Eingebunkert hinter Beton und Sandfilter

Vorarlberg / 17.06.2022 • 17:57 Uhr / 4 Minuten Lesezeit
Bis in die 90er-Jahre waren Schutzräume in Vorarlberg vorgeschrieben.
Bis in die 90er-Jahre waren Schutzräume in Vorarlberg vorgeschrieben.

Die Nachfrage nach Reaktivierung privater Schutzräume ist seit Beginn des Ukrainekrieges gestiegen.

Feldkirch Sie galten als Relikt längst vergangener Tage. Der Ukrainekrieg und die Drohgebärden Putins rütteln aber auch in Vorarlberg alte Ängste wach und damit die Frage: Braucht es wieder Schutzräume? Die Anfragen aus der Bevölkerung haben bei Herbert Knünz, Geschäftsführer des Zivilschutzverbands Vorarlberg, in jüngster Vergangenheit jedenfalls zugenommen. „Es kamen verschiedene Anfragen, insbesondere auch zu Schutzräumen. Hauptsächlich ging es darum, wie man diese reaktivieren bzw. aufrüsten kann“, erklärt Knünz.

450 private Schutzräume

Wie viele private Haushalte in Vorarlberg über einen Schutzraum verfügen und inwieweit diese überhaupt noch betriebsfähig sind, lässt sich nur schätzen. Im Zuge des Kalten Krieges war die Angst vor einem möglichen Atomschlag groß. So groß, dass auf sie auch in der Bauordnung reagiert wurde. 1962 war Vorarlberg das erste Bundesland mit einer gesetzlichen Schutzraumpflicht. „Diese war bis 1996 in der Bauverordnung verankert“, weiß Knünz. Danach gab es eine Erhebung gemeinsam mit der Wohnbauförderung, wie viele Schutzräume damals gefördert wurden. „Damals ist man auf 437 Schutzräume gekommen und elf Räume im Bereich der Bundesgebäudeverwaltung, also Wohnanlagen und gemeinnützige Wohnträger.

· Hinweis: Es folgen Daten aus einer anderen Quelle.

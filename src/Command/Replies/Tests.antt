-- ===== src/Command/Replies/Tests.antt =====
-- Examples for the replies.
use x_sticker_bot.Base.{
  ℕ, ◌≡◌, ◌⊎◌, refl, true, false, none, some, Option, List, [], ◌∷◌, map, arith, Bytes, codes, All,
}
use x_sticker_bot.Telegram.{Sticker, Message, Update}
use x_sticker_bot.Message.{Keyboard, process_started, download_progress}
use x_sticker_bot.Command.Links.{Url}
use x_sticker_bot.Command.Services.{Fault, Reply, progress, fatal_error, download_failed, document}
use x_sticker_bot.Command.Info.{StickerSet, handle_sticker_info}
use x_sticker_bot.Command.Messages.{
  event_download_set, event_info, record_stat, download_set, sticker_info, answer_callback,
  send_file_id, try_task, work, handle_message,
}
use x_sticker_bot.Command.Replies.{
  Outgoing, upload, send_text, cmd_start, cmd_about, cmd_info, step_requests, refusal,
  sticker_requests,
}
use x_sticker_bot.Command.Replies.Parsable.{IsParsable, all_requests, requests-IsParsable}
use x_sticker_bot.Command.Replies.Buttons.{press, offers, offered_buttons}

abbrev cat : Sticker
cat = record {
  file_id = codes "f1";
  set_name = codes "Cats";
  is_video = false;
  is_animated = false;
}

abbrev sent : Message
sent = record {
  from = some 7;
  chat = 7;
  id = 1;
  text = [];
  sticker = some cat;
  animation = none;
  photo = none;
  video = none;
  document = none;
  audio = none;
  voice = none;
  video_note = none;
}

abbrev update : Update
update = record { message = some sent; callback_query = none }

-- Telegram takes every message.
abbrev telegram : Outgoing → Option ℕ
telegram m = some 9

abbrev cats : Bytes → Option StickerSet
cats name = some (record {
  title = codes "<Cats> & co";
  name = name;
  sticker_type = codes "regular";
  stickers = cat ∷ [];
})

abbrev error_text : Fault → Bytes
error_text f = codes "stat </code>: no such file"

abbrev replies : List Reply
replies = progress ∷ fatal_error download_failed ∷ document (codes "a.png" ∷ []) ∷ []

requests-IsParsable_example :
    All IsParsable (cmd_start update)
    × All IsParsable (cmd_about (codes "1.0") update)
    × All IsParsable (cmd_info update)
    × All IsParsable (step_requests (send_file_id 7 (codes "AgAD")))
    × All IsParsable (refusal 7 true)
    × All IsParsable
        (sticker_requests telegram 7 sent cat (all_requests error_text process_started 7 9 replies))
    × All IsParsable (all_requests error_text (download_progress 0 2) 7 9 replies)
    × All IsParsable (all_requests error_text process_started 7 9 replies)
    × All IsParsable (send_text 7 (handle_sticker_info cats cat))
requests-IsParsable_example =
    requests-IsParsable (codes "1.0") update (send_file_id 7 (codes "AgAD")) 7 9 2 true telegram
      sent cat error_text replies cats (omega arith) (omega arith)

abbrev no_url : Bytes → Option Url
no_url s = none

offered_buttons_example :
    ((cat.set_name ≡ [])
      × (offers (sticker_requests telegram 7 sent cat (upload 7 [] [] ∷ [])) ≡ []))
    ⊎ ((m : Outgoing) × (kb : Keyboard) × (offers
            (sticker_requests telegram 7 sent cat (upload 7 [] [] ∷ []))
          ≡ (m, kb) ∷ [])
        × (map (map (λ b. handle_message no_url (press (codes "q") 8 m sent b))) kb
            ≡ (some (
                  answer_callback (codes "q")
                  ∷ try_task 7 8
                      (record_stat 8 event_download_set ∷ download_set (codes "Cats") ∷ [])
                  ∷ [])
                ∷ [])
              ∷ (some (
                    answer_callback (codes "q")
                    ∷ work 7 (record_stat 8 event_info)
                    ∷ work 7 (sticker_info cat)
                    ∷ [])
                  ∷ [])
              ∷ []))
offered_buttons_example =
    offered_buttons no_url telegram 7 sent cat (upload 7 [] [] ∷ []) (codes "q") 8 refl
      (omega arith) refl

Wie kann ein Bunker nun wieder reaktiviert werden? Weil das Thema in den vergangenen Jahren unter dem Radar geblieben ist, sind auch Vorarlberger Firmen, die sich darauf spezialisiert haben, vom Markt verschwunden. „Aber es gibt noch zwei Firmen in der Nähe von Zürich, jeweils eine in der Steiermark und in Niederösterreich, die Überprüfungen vornehmen“, weiß Knünz. „Momentan sind aber auch sie mit Arbeit eingedeckt und es kann zu Wartezeiten kommen.“ Grundsätzlich soll ein Schutzraum schützen, sei es vor Trümmern bei Explosionen, Naturkatastrophen oder eben gegen radioaktive Strahlung. „Dafür muss er statisch massiv ausgeführt sein, mit Betonwänden und -decke, die auch einem einstürzenden Gebäude standhalten.“ Über eine Filteranlage wird Luft angesaugt, die die radioaktiven Partikel aus der Luft herausfiltert. „Über ein Ventil im Schutzraum entsteht Überdruck. Dieser gewährleistet, dass verbrauchte Atemluft nach außen gepresst wird und Giftgase nicht von außen eindringen können.“ Bei einer Reaktivierung muss sichergestellt werden, dass neben Belüftung und Notstromerzeugung auch der Filtersand intakt sowie die Wasser- und Essensversorgung ausreichend sind.

Vorsorgen

Anders als in der Schweiz, wo jeder Einwohner zu jeder Zeit einen Platz im Bunker hätte, gibt es hierzulande keine größeren öffentlichen intakten Zivilschutzräume. „Es gibt aus Sicht des Zivilschutzes schon Nachholbedarf. Vor allem sollte aber jede Person für sich selbst schauen, dass sie möglichst sicher unterwegs ist, ohne sich auf die Öffentlichkeit verlassen zu müssen“, betont Knünz. Auch wenn er hoffe, dass der Ernstfall nicht eintritt, sei Vorsorge nämlich immer die beste Versicherung.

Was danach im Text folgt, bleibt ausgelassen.